* YOUR ASSIGNMENT
Locate the word "between" in the entries below, then gather every line that holds it.

* TASK DATA
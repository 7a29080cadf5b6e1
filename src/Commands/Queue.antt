-- ===== src/Commands/Queue.antt =====
-- One command for each idempotency key of a device.
use phone_control.Common.{
  ℕ, suc, ◌+◌, ◌≡◌, ◌≤◌, true, List, [], ◌∷◌, ◌++◌, ◌&&◌, none, some, arith, ◌==◌, refl, ap, sym,
  ◌∙◌, inl, inr, Bool-cases, Option-cases, if◌then◌else◌, count_where, count_where-append,
  find_first-none, find_first-satisfies,
}
use phone_control.Store.Keys.{Key, has_key, same_key_iff}
use phone_control.Store.{DeviceCommand, Db, done}
use phone_control.Commands.{
  EnqueueParams, new_command, is_keyed, find_keyed, create_command, enqueue_amid,
}

-- What the database guarantees by its index device_commands_idempotency_uidx.
abbrev pub IsIdempotent : Db → Type 0
IsIdempotent db = (device : ℕ) (key : Key) → count_where (is_keyed device key) db.commands ≤ 1

module _ (params : EnqueueParams) (id now : ℕ) (commands : List DeviceCommand) where
  count-new_command :
      (device : ℕ) (key : Key)
      → count_where (is_keyed device key) (commands ++ new_command params id now ∷ [])
        ≡ count_where (is_keyed device key) commands
          + (if params.device_id == device && has_key key params.idempotency_key then 1 else 0)
  count-new_command device key =
      rw (count_where-append (is_keyed device key) commands (new_command params id now ∷ []))
        (ground arith)

  key_of_has_key :
      (key : Key) → has_key key params.idempotency_key ≡ true → params.idempotency_key ≡ some key
  key_of_has_key key h = elim (Option-cases params.idempotency_key) [
    | inl e ↦ cc (rw e at h)
    | inr (j, e) ↦ rw e (ap some ((same_key_iff j key).0 (rw e at h)))
  ]

  count-insert :
      (device : ℕ) (key : Key)
      → find_keyed params.device_id params.idempotency_key commands ≡ none
      → count_where (is_keyed device key) commands ≤ 1
      → count_where (is_keyed device key) (commands ++ new_command params id now ∷ []) ≤ 1
  count-insert device key e h =
      elim (Bool-cases (params.device_id == device && has_key key params.idempotency_key)) [
        | inl same ↦
            let d : params.device_id ≡ device = ground arith in
            let k = key_of_has_key key (ground arith) in
            let zero = find_first-none (is_keyed device key) commands (rw (k, d) at e) in
            rw (count-new_command device key, same) (omega (arith, zero))
        | inr other ↦ rw (count-new_command device key, other) (omega arith)
      ]

create_command-IsIdempotent :
    (params : EnqueueParams) (id now : ℕ) (db : Db)
    → IsIdempotent db
    → IsIdempotent (create_command params id now db).1
unfolding create_command
create_command-IsIdempotent params id now db h device key =
    elim (Option-cases (find_keyed params.device_id params.idempotency_key db.commands)) [
      | inl free ↦
          rw (free, create_command)
            (count-insert params id now db.commands device key free (h device key))
      | inr (c, conflict) ↦ rw (conflict, create_command) (h device key)
    ]

-- The command that answers a call: of the device and the key that were asked for.
abbrev pub Answers : EnqueueParams → DeviceCommand → Type 0
Answers params c = (c.device_id ≡ params.device_id) × (c.idempotency_key ≡ params.idempotency_key)

find_keyed-Answers :
    (params : EnqueueParams) (commands : List DeviceCommand) (c : DeviceCommand)
    → find_keyed params.device_id params.idempotency_key commands ≡ some c
    → Answers params c
find_keyed-Answers params commands c e = elim (Option-cases params.idempotency_key) [
  | inl no_key ↦ absurd (cc (rw no_key at e))
  | inr (key, keyed) ↦
      let h = find_first-satisfies (is_keyed params.device_id key) commands c (rw keyed at e) in
      elim (Option-cases c.idempotency_key) [
        | inl no_key ↦ absurd (ground arith)
        | inr (j, keyed') ↦
            (ground arith, keyed' ∙ ap some ((same_key_iff j key).0 (ground arith)) ∙ sym keyed)
      ]
]

create_command-Answers :
    (params : EnqueueParams) (id now : ℕ) (db : Db)
    → (c : DeviceCommand) × ((create_command params id now db).0 ≡ done c) × Answers params c
unfolding create_command
create_command-Answers params id now db =
    elim (Option-cases (find_keyed params.device_id params.idempotency_key db.commands)) [
      | inl free ↦ (new_command params id now, rw (free, create_command), (refl, refl))
      | inr (c, conflict) ↦
          (c, rw (conflict, create_command), find_keyed-Answers params db.commands c conflict)
    ]

-- Whatever other requests write between the search and the insertion, as long as they too keep one
-- command for each key of a device, so does a call; and it answers, never throwing, with a command
-- of the device and the key that were asked for.
pub enqueue_amid-IsIdempotent :
    (between : Db → Db) (params : EnqueueParams) (now : ℕ) (db : Db)
    → ((d : Db) → IsIdempotent d → IsIdempotent (between d))
    → IsIdempotent db
    → IsIdempotent (enqueue_amid between params now db).1
      × ((c : DeviceCommand) × ((enqueue_amid between params now db).0 ≡ done c) × Answers params c)
unfolding enqueue_amid
enqueue_amid-IsIdempotent between params now db keeps h =
    let db' = record db { issued = suc db.issued } in
    elim (Option-cases (find_keyed params.device_id params.idempotency_key db.commands)) [
      | inl missing ↦
          rw (missing, enqueue_amid)
            (
              create_command-IsIdempotent params (db.ids db.issued) now (between db') (keeps db' h),
              create_command-Answers params (db.ids db.issued) now (between db'),
            )
      | inr (c, found) ↦
          rw (found, enqueue_amid) (h, (c, refl, find_keyed-Answers params db.commands c found))
    ]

* TASK RESULT
-- Whatever other requests write between the search and the insertion, as long as they too keep one
    (between : Db → Db) (params : EnqueueParams) (now : ℕ) (db : Db)
    → ((d : Db) → IsIdempotent d → IsIdempotent (between d))
    → IsIdempotent (enqueue_amid between params now db).1
      × ((c : DeviceCommand) × ((enqueue_amid between params now db).0 ≡ done c) × Answers params c)
enqueue_amid-IsIdempotent between params now db keeps h =
              create_command-IsIdempotent params (db.ids db.issued) now (between db') (keeps db' h),
              create_command-Answers params (db.ids db.issued) now (between db'),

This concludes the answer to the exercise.